Where a line of the material includes the string "rest", copy that line.

DATA FOR ANALYSIS >>
* * * *
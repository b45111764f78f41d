-- ===== src/VhostUser/Vring.antt =====
-- A virtqueue that is shared by the vhost-user thread and the device's worker.
-- (vhost-user/src/vring.rs)
pub mod Epolls
pub mod Tracked
pub mod Register
pub mod Laws
use virtio_device_poc.Base.{
  ℕ, ◌≡◌, Bool, true, false, not, ◌&&◌, Option, none, some, List, [], ◌∷◌, ◌++◌, Result, ok, err,
  ◌==◌, if◌then◌else◌, ◌>>=◌,
}
use virtio_device_poc.VhostUser.Host.{Host, got, would_block, failed}

module _ (h : Host) where
  open h use {
    Queue, new_queue, ready, set_ready, try_set_desc_table_address, try_set_avail_ring_address,
    try_set_used_ring_address, Epoll, ctl_add, ctl_delete, Events, event_write, event_read,
  }

  -- `Vring` with its `VringState`. A descriptor stands for its EventFd; the list pairs the raw
  -- descriptor of an epoll instance, for the weak reference, with a token.
  pub record Vring : Type 0 where
    pub queue : Queue
    pub enabled : Bool
    pub kick : Option ℕ
    pub call : Option ℕ
    pub error : Option ℕ
    pub epolls : List (ℕ × ℕ)

  -- The live epoll instances (`Weak::upgrade`), by raw descriptor, and the event counters.
  pub record World : Type 0 where
    pub epoll_at : ℕ → Option Epoll
    pub events : Events

  abbrev pub IoResult : Type 0 → Type 0
  IoResult A = Result A ℕ

  unfoldable pub put_epoll : World → ℕ → Epoll → World
  put_epoll w id e = record w { epoll_at = λ j. if j == id then some e else w.epoll_at j }

  unfoldable pub new : ℕ → Result Vring ℕ
  new max_size = new_queue max_size >>= λ queue. ok (record {
    queue = queue;
    enabled = false;
    kick = none;
    call = none;
    error = none;
    epolls = [];
  })

  -- The addresses are set one after the other; an error leaves the earlier ones set.
  unfoldable pub set_queue_info : Vring → ℕ → ℕ → ℕ → Vring × IoResult (Unit {0})
  set_queue_info v desc_table avail_ring used_ring =
      elim (try_set_desc_table_address v.queue desc_table) [
        | err e ↦ (v, err e)
        | ok q₁ ↦ elim (try_set_avail_ring_address q₁ avail_ring) [
          | err e ↦ (record v { queue = q₁ }, err e)
          | ok q₂ ↦ elim (try_set_used_ring_address q₂ used_ring) [
            | err e ↦ (record v { queue = q₂ }, err e)
            | ok q₃ ↦ (record v { queue = q₃ }, ok tt)
          ]
        ]
      ]

  unfoldable pub is_started : Vring → Bool
  is_started v = ready v.queue

  unfoldable pub set_enabled : Vring → Bool → Vring
  set_enabled v enabled = record v { enabled = enabled }

  unfoldable pub set_call : Vring → Option ℕ → Vring
  set_call v file = record v { call = file }

  unfoldable pub set_err : Vring → Option ℕ → Vring
  set_err v file = record v { error = file }

  unfoldable pub has_kick_event : Vring → Bool
  has_kick_event v = elim v.kick [ none ↦ false | some fd ↦ true ]

  unfoldable pub unregister_kick : Option ℕ → Epoll → IoResult Epoll
  unregister_kick none e = ok e
  unregister_kick (some fd) e = ctl_delete e fd

  unfoldable pub register_kick : Option ℕ → ℕ → Epoll → IoResult Epoll
  register_kick none token e = ok e
  register_kick (some fd) token e = ctl_add e fd token

  -- The body of the loop of `update_epolls`, on one live instance.
  unfoldable pub update_epoll :
      World → Option ℕ → Option ℕ → ℕ → ℕ → Epoll → World × IoResult (Unit {0})
  update_epoll w old new_fd id token e = elim (unregister_kick old e) [
    | err x ↦ (w, err x)
    | ok e₁ ↦ elim (register_kick new_fd token e₁) [
      | err x ↦ (put_epoll w id e₁, err x)
      | ok e₂ ↦ (put_epoll w id e₂, ok tt)
    ]
  ]

  unfoldable pub update_epolls :
      World → Option ℕ → Option ℕ → List (ℕ × ℕ) → World × IoResult (Unit {0})
  update_epolls w old new_fd [] = (w, ok tt)
  update_epolls w old new_fd ((id, token) ∷ rest) = elim (w.epoll_at id) [
    | none ↦ update_epolls w old new_fd rest
    | some e ↦ elim (update_epoll w old new_fd id token e).1 [
      | err x ↦ ((update_epoll w old new_fd id token e).0, err x)
      | ok done ↦ update_epolls (update_epoll w old new_fd id token e).0 old new_fd rest
    ]
  ]

  unfoldable pub stop_after :
      Vring → World × IoResult (Unit {0}) → Vring × World × IoResult (Unit {0})
  stop_after v (w', err x) = (v, w', err x)
  stop_after v (w', ok done) = (record v { queue = set_ready v.queue false }, w', ok tt)

  -- `stop`, on the loaded kick: an error of the update leaves the queue ready.
  unfoldable pub stop_with : Option ℕ → Vring → World → Vring × World × IoResult (Unit {0})
  unfolding stop_after
  stop_with none v w = (record v { queue = set_ready v.queue false }, w, ok tt)
  stop_with (some fd) v w = stop_after v (update_epolls w (some fd) none v.epolls)

  unfoldable pub stop : Vring → World → Vring × World × IoResult (Unit {0})
  unfolding stop_with
  stop v w = stop_with v.kick v w

  unfoldable pub start : Vring → World → Vring × World × IoResult (Unit {0})
  start v w =
      let (w', r) = update_epolls w none v.kick v.epolls in
      (record v { queue = set_ready v.queue true }, w', r)

  unfoldable pub set_kick : Vring → World → Option ℕ → Vring × World × IoResult (Unit {0})
  unfolding is_started
  set_kick v w file =
      let swapped : Vring = record v { kick = file } in
      let (w', r) = update_epolls w v.kick file v.epolls in
      if is_started v then (swapped, w', r) else (swapped, w, ok tt)

  -- `retain` on the live instances.
  unfoldable pub retain_live : World → List (ℕ × ℕ) → List (ℕ × ℕ)
  retain_live w [] = []
  retain_live w ((id, token) ∷ rest) = elim (w.epoll_at id) [
    | none ↦ retain_live w rest
    | some e ↦ (id, token) ∷ retain_live w rest
  ]

  unfoldable pub add_epoll : Vring → World → ℕ → ℕ → Vring
  add_epoll v w id token = record v { epolls = retain_live w v.epolls ++ (id, token) ∷ [] }

  unfoldable pub retain_others : World → ℕ → List (ℕ × ℕ) → List (ℕ × ℕ)
  retain_others w removed [] = []
  retain_others w removed ((id, token) ∷ rest) = elim (w.epoll_at id) [
    | none ↦ retain_others w removed rest
    | some e ↦
        if id == removed
        then retain_others w removed rest
        else (id, token) ∷ retain_others w removed rest
  ]

  unfoldable pub remove_epoll : Vring → World → ℕ → Vring
  remove_epoll v w id = record v { epolls = retain_others w id v.epolls }

  -- `VhostKickEvent::register_self`, called by a holder of the epoll instance `id`.
  unfoldable pub register_self : Vring → World → ℕ → Epoll → ℕ → Vring × World × IoResult (Unit {0})
  register_self v w id e token = elim (register_kick v.kick token e) [
    | err x ↦ (v, w, err x)
    | ok e' ↦ (add_epoll v w id token, put_epoll w id e', ok tt)
  ]

  unfoldable pub unregister_self : Vring → World → ℕ → Epoll → Vring × World × IoResult (Unit {0})
  unregister_self v w id e =
      let removed = remove_epoll v w id in
      elim (unregister_kick v.kick e) [
        | err x ↦ (removed, w, err x)
        | ok e' ↦ (removed, put_epoll w id e', ok tt)
      ]

  -- The guard is the queue itself.
  unfoldable pub try_lock_queue : Vring → Option Queue
  try_lock_queue v =
      if not v.enabled then none else if v.enabled && ready v.queue then some v.queue else none

  unfoldable pub signal_used_queue : Vring → World → World × IoResult (Unit {0})
  signal_used_queue v w = elim v.call [
    | none ↦ (w, ok tt)
    | some fd ↦ elim (event_write w.events fd) [
      | err x ↦ (w, err x)
      | ok events ↦ (record w { events = events }, ok tt)
    ]
  ]

  -- EAGAIN is no error: the queue may be polled without a kick.
  unfoldable pub read_kick : Vring → World → World × IoResult Bool
  read_kick v w = elim v.kick [
    | none ↦ (w, ok v.enabled)
    | some fd ↦ elim (event_read w.events fd).1 [
      | got n ↦ (record w { events = (event_read w.events fd).0 }, ok v.enabled)
      | would_block ↦ (record w { events = (event_read w.events fd).0 }, ok v.enabled)
      | failed x ↦ (record w { events = (event_read w.events fd).0 }, err x)
    ]
  ]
* * * *
WRITTEN SOLUTION >>
  update_epolls w old new_fd ((id, token) ∷ rest) = elim (w.epoll_at id) [
    | none ↦ update_epolls w old new_fd rest
      | ok done ↦ update_epolls (update_epoll w old new_fd id token e).0 old new_fd rest
  retain_live w ((id, token) ∷ rest) = elim (w.epoll_at id) [
    | none ↦ retain_live w rest
    | some e ↦ (id, token) ∷ retain_live w rest
  retain_others w removed ((id, token) ∷ rest) = elim (w.epoll_at id) [
    | none ↦ retain_others w removed rest
        then retain_others w removed rest
        else (id, token) ∷ retain_others w removed rest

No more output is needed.